When I first met Jared, I surprised myself. I had absolutely no misgivings about his conditions. Instead, I was deeply curious, eager to learn everything I could about hemophilia and seizures. Jared, for his part, was upfront about his health challenges and clear that he wouldn’t let them define his life. This resonated with me.

Over time, I learned to adapt to the occasional interruptions that his bleeds and seizures brought into our daily lives. Seizures, I realized, were something to ride out; bleeds were issues to manage as they arose. My focus shifted to what I could control: staying calm and informed, and supporting Jared in the ways he needed.

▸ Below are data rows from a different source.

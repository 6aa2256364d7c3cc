-- ===== src/App/Lines.antt =====
-- `flushLines` of web/app/src/playground/App.tsx: the complete lines of a buffer, and the rest.
use zero_code.Base.{
  ℕ, ◌≡◌, refl, ap, ◌∙◌, inl, inr, false, List, [], ◌∷◌, ◌++◌, arith, ◌==◌, if◌then◌else◌,
  Bool-cases,
}
use zero_code.Base.Text.{Text}

abbrev pub lf : ℕ
lf = b'\n'

abbrev pub push_front : ℕ → List Text → Text → List Text × Text
push_front c [] rest = ([], c ∷ rest)
push_front c (l ∷ ls) rest = ((c ∷ l) ∷ ls, rest)

unfoldable pub flush_lines : Text → List Text × Text
flush_lines [] = ([], [])
flush_lines (c ∷ cs) =
    let r = flush_lines cs in if c == lf then ([] ∷ r.0, r.1) else push_front c r.0 r.1

-- The lines with their newlines.
abbrev pub unlines : List Text → Text
unlines [] = []
unlines (l ∷ ls) = l ++ lf ∷ unlines ls

push_front-unlines :
    (c : ℕ) (ls : List Text) (rest : Text)
    → unlines (push_front c ls rest).0 ++ (push_front c ls rest).1 ≡ c ∷ (unlines ls ++ rest)
push_front-unlines c [] rest = refl
push_front-unlines c (l ∷ ls) rest = refl

-- Nothing is lost.
pub unlines-flush_lines : (s : Text) → unlines (flush_lines s).0 ++ (flush_lines s).1 ≡ s
unfolding flush_lines
unlines-flush_lines [] = refl
unlines-flush_lines (c ∷ cs) = elim (Bool-cases (c == lf)) [
  | inl e ↦ rw e (ground (arith, unlines-flush_lines cs))
  | inr e ↦ rw e (
      push_front-unlines c (flush_lines cs).0 (flush_lines cs).1
      ∙ ap (◌∷◌ c) (unlines-flush_lines cs))
]

abbrev then_flush : List Text → Text → Text → List Text × Text
then_flush ls rest more = (ls ++ (flush_lines (rest ++ more)).0, (flush_lines (rest ++ more)).1)

push_front-then_flush :
    (c : ℕ) (ls : List Text) (rest more : Text)
    → (c == lf) ≡ false
    → push_front c (then_flush ls rest more).0 (then_flush ls rest more).1
      ≡ then_flush (push_front c ls rest).0 (push_front c ls rest).1 more
unfolding flush_lines
push_front-then_flush c [] rest more e = rw e refl
push_front-then_flush c (l ∷ ls) rest more e = refl

-- Lines may be taken before or after the next chunk arrives.
pub flush_lines-append :
    (s more : Text)
    → flush_lines (s ++ more) ≡ (
      (flush_lines s).0 ++ (flush_lines ((flush_lines s).1 ++ more)).0,
      (flush_lines ((flush_lines s).1 ++ more)).1,
    )
unfolding flush_lines
flush_lines-append [] more = refl
flush_lines-append (c ∷ cs) more = elim (Bool-cases (c == lf)) [
  | inl e ↦ rw (e, flush_lines-append cs more) refl
  | inr e ↦
      rw (e, flush_lines-append cs more)
        (push_front-then_flush c (flush_lines cs).0 (flush_lines cs).1 more e)
]
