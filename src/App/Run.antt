-- ===== src/App/Run.antt =====
-- One run of the playground: `clearResults`, `cancelRun`, `applySubmissionView`, `recordHistory` and
-- `runOnApi` of web/app/src/playground/App.tsx. Each function is what one callback does to the
-- state, from the click to the last answer; the view is what is shown when React has rendered.
pub mod State
pub mod Cancel
pub mod Split
pub mod Streamed
use mathlib.Core.Option
use zero_code.Base.{
  ℕ, Bool, true, false, not, ◌&&◌, ◌||◌, List, [], ◌∷◌, ◌++◌, Option, none, some, if◌then◌else◌,
  take, is_empty, is_some,
}
use zero_code.Base.Text.{Text, codes, text_eq}
use zero_code.Api.Status.{
  StatusKind, idle, queued, processing, accepted, ce, re, se, cancelled, ApiStatus, absent, text,
  object, Json, null, bool, num, str, arr, obj, get_member, member_text, status_kind, status_detail,
}
use zero_code.Api.Stream.{SseEvent}
use zero_code.Api.Poll.{Answer, ok, failed, Outcome, returned, stopped, threw, waiting}
use zero_code.Panel.Diff.{split_lines}
use zero_code.Panel.Cases.{Number}
use zero_code.Panel.Run.{SubmissionView, decoded}
unfoldable pub use State.*
use zero_code.App.Lines.{flush_lines}

-- `apiStatusKind(s)` and `apiStatusDetail(s)` take whatever the event carries.
unfoldable pub to_status : Option Json → ApiStatus
unfolding get_member
to_status none = absent
to_status (some null) = absent
to_status (some (str s)) = text s
to_status (some (obj ms)) =
    object (member_text (get_member (codes "kind") ms)) (get_member (codes "detail") ms)
to_status (some _) = object [] none

-- `(json as T | null)?.key`
abbrev pub json_member : Text → Option Json → Option Json
json_member key (some (obj ms)) = get_member key ms
json_member key _ = none

pub data Heard : Type 0 where
  sse : SseEvent Json → Heard
  broke : Heard
  poll_ended : Outcome SubmissionView → Heard

-- `to_lower` is `toLowerCase`, `decode` the base64 decoder, `kib_to_mib` the division of a number by
-- 1024, `stringify` is `JSON.stringify` and `to_text` is `String`; `name` is the language's.
module _ (to_lower decode kib_to_mib : Text → Text) (stringify to_text : Json → Text)
    (name : Text) where
  abbrev pub text_lines : Text → List Text
  text_lines b = drop_last_empty (split_lines (decode b))

  -- `if (sub.stdout) setOutput(…)`: an empty or missing text leaves the lines as they are.
  abbrev pub shown_lines : Option Text → List Text → List Text
  shown_lines (some (c ∷ b)) old = text_lines (c ∷ b)
  shown_lines _ old = old

  abbrev pub shown_text : Option Text → Text → Text
  shown_text (some (c ∷ b)) old = decode (c ∷ b)
  shown_text _ old = old

  unfoldable pub apply_submission_view : SubmissionView → View → View
  unfolding drop_last_empty split_lines signal_name status_kind status_detail
  apply_submission_view sub v = record v {
    status = status_kind to_lower sub.status;
    status_detail = status_detail stringify to_text sub.status;
    output = shown_lines sub.stdout v.output;
    stderr = shown_lines sub.stderr v.stderr;
    compile_output = shown_text sub.compile_output v.compile_output;
    metrics = record {
      time = sub.wall_time;
      memory = Option.map kib_to_mib sub.memory;
      exit_code = sub.exit_code;
      signal = signal_name sub.signal;
    };
  }

  -- An answer that already ends the run.
  abbrev pub is_final_ack : SubmissionView → StatusKind → Bool
  is_final_ack ack accepted = true
  is_final_ack ack ce = true
  is_final_ack ack re = true
  is_final_ack ack _ = is_some ack.stdout

  abbrev pub acked : SubmissionView → StatusKind → View → View
  acked ack kind v = record_history name kind ack.wall_time ack.token (apply_submission_view ack v)

  -- The `catch` of the submission.
  abbrev pub submit_error : ErrorMessage → Run → Run
  submit_error message r =
      if r.aborted
      then r
      else record r { view = record r.view { status = se; error = some message }; held = false }

  -- Behind `await submit(…)`, up to the call of `stream` and the last line of `runOnApi`.
  unfoldable pub on_ack : Answer SubmissionView → Run → Run
  unfolding apply_submission_view record_history
  on_ack (failed message) r = submit_error (submit_failed message) r
  on_ack (ok ack) r =
      let kind = status_kind to_lower ack.status in
      let tokened = record r.view { token = ack.token } in
      if is_empty ack.token
      then submit_error no_token r
      else if is_final_ack ack kind
      then record r { view = acked ack kind tokened; tkn = ack.token; held = false }
      else record r {
        view = record tokened { status = processing };
        tkn = ack.token;
        streaming = true;
        held = true;
      }

  -- `json?.data ?? raw`
  abbrev pub chunk_or_raw : Option Json → Text → Text
  chunk_or_raw none raw = raw
  chunk_or_raw (some null) raw = raw
  chunk_or_raw (some (str s)) raw = s
  chunk_or_raw (some j) raw = to_text j

  abbrev pub chunk_of : SseEvent Json → Text
  chunk_of e = chunk_or_raw (json_member (codes "data") e.json) e.raw

  unfoldable pub on_stdout : Text → Run → Run
  unfolding flush_lines
  on_stdout chunk r =
      let f = flush_lines (r.stdout_buf ++ chunk) in
      record r { view = record r.view { output = r.view.output ++ f.0 }; stdout_buf = f.1 }

  unfoldable pub on_stderr : Text → Run → Run
  unfolding flush_lines
  on_stderr chunk r =
      let f = flush_lines (r.stderr_buf ++ chunk) in
      record r { view = record r.view { stderr = r.view.stderr ++ f.0 }; stderr_buf = f.1 }

  -- `apiGet(tkn).then(…).catch(…)`; `kind` is the one of the 'finished' event.
  unfoldable pub on_row : StatusKind → Answer SubmissionView → Run → Run
  unfolding apply_submission_view record_history
  on_row kind (failed message) r = record r { view = record_history name kind none r.tkn r.view }
  on_row kind (ok sub) r = if r.aborted then r else record r {
    view =
        record_history name (status_kind to_lower sub.status) sub.wall_time r.tkn
          (apply_submission_view sub r.view);
  }

  -- `onError` of the stream, up to `await poll(…)`.
  unfoldable pub on_error : Run → Run
  on_error r = if r.aborted || r.finished then r else record r { streaming = false; polling = true }

  -- What follows `await poll(…)`, with what that ended in; nothing while it goes on. What a
  -- poll throws that the signal has stopped is ignored, since the signal is aborted.
  unfoldable pub polled : Outcome SubmissionView → Run → Run
  unfolding apply_submission_view record_history
  polled (returned sub) r = if r.aborted then r else record r {
    view =
        record_history name (status_kind to_lower sub.status) sub.wall_time r.tkn
          (apply_submission_view sub r.view);
  }
  polled (threw message) r =
      if r.aborted
      then r
      else record r { view = record r.view { status = se; error = some (poll_failed message) } }
  polled stopped r = r
  polled waiting r = record r { polling = true }

  unfoldable pub on_poll : Outcome SubmissionView → Run → Run
  unfolding polled
  on_poll o r = if r.polling then polled o (record r { polling = false }) else r

  -- `react` says when React runs the updaters of the lines that are left over.
  module _ (react : Updaters) where
    -- The 'finished' branch, up to the request for the row.
    unfoldable pub on_finished : SseEvent Json → Run → Run
    unfolding status_kind status_detail to_status last_line
    on_finished e r =
        let s = to_status (json_member (codes "status") e.json) in
        record r {
          finished = true;
          stdout_buf = [];
          stderr_buf = [];
          streaming = false;
          view = record r.view {
            output = r.view.output ++ last_line react.stdout_at r.stdout_buf;
            stderr = r.view.stderr ++ last_line react.stderr_at r.stderr_buf;
            status = status_kind to_lower s;
            status_detail = status_detail stringify to_text s;
          };
        }

    -- `onEvent`
    unfoldable pub on_event : SseEvent Json → Run → Run
    unfolding on_stdout on_stderr on_finished text_eq
    on_event e r =
        if r.aborted
        then r
        else if text_eq e.event (codes "processing")
        then record r { view = record r.view { status = processing } }
        else if text_eq e.event (codes "stdout")
        then on_stdout (chunk_of e) r
        else if text_eq e.event (codes "stderr")
        then on_stderr (chunk_of e) r
        else if text_eq e.event (codes "finished")
        then on_finished e r
        else if text_eq e.event (codes "error")
        then record r { view = record r.view { error = some (stream_error e.raw) } }
        else r

    -- What a run may hear after it was submitted: an event of its stream, the failure of that, and the end
    -- of the poll.
    unfoldable pub hear : Heard → Run → Run
    unfolding on_event on_error on_poll
    hear (sse e) r = on_event e r
    hear broke r = on_error r
    hear (poll_ended o) r = on_poll o r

Living with someone who has chronic conditions requires constant adaptability and a strong sense of purpose. For someone with ADHD, purpose is a lifeline. Research suggests that ADHD brains are wired to thrive on intrinsic motivators like passion, purpose, and interest, far more than neurotypical brains. Tasks that align with these motivators often feel effortless, while those that don’t can feel impossible.

For me, caregiving for Jared provides a deep sense of purpose. Supporting him through his health challenges, being part of his journey, and sharing a life that values resilience and love — it all feels deeply meaningful.

The ‘interest-based nervous system’

ADHD brains are uniquely wired to operate on what psychologist William Dodson calls an “interest-based nervous system.” Unlike neurotypical brains, which prioritize tasks based on importance, ADHD brains are driven by interest, challenge, novelty, and urgency.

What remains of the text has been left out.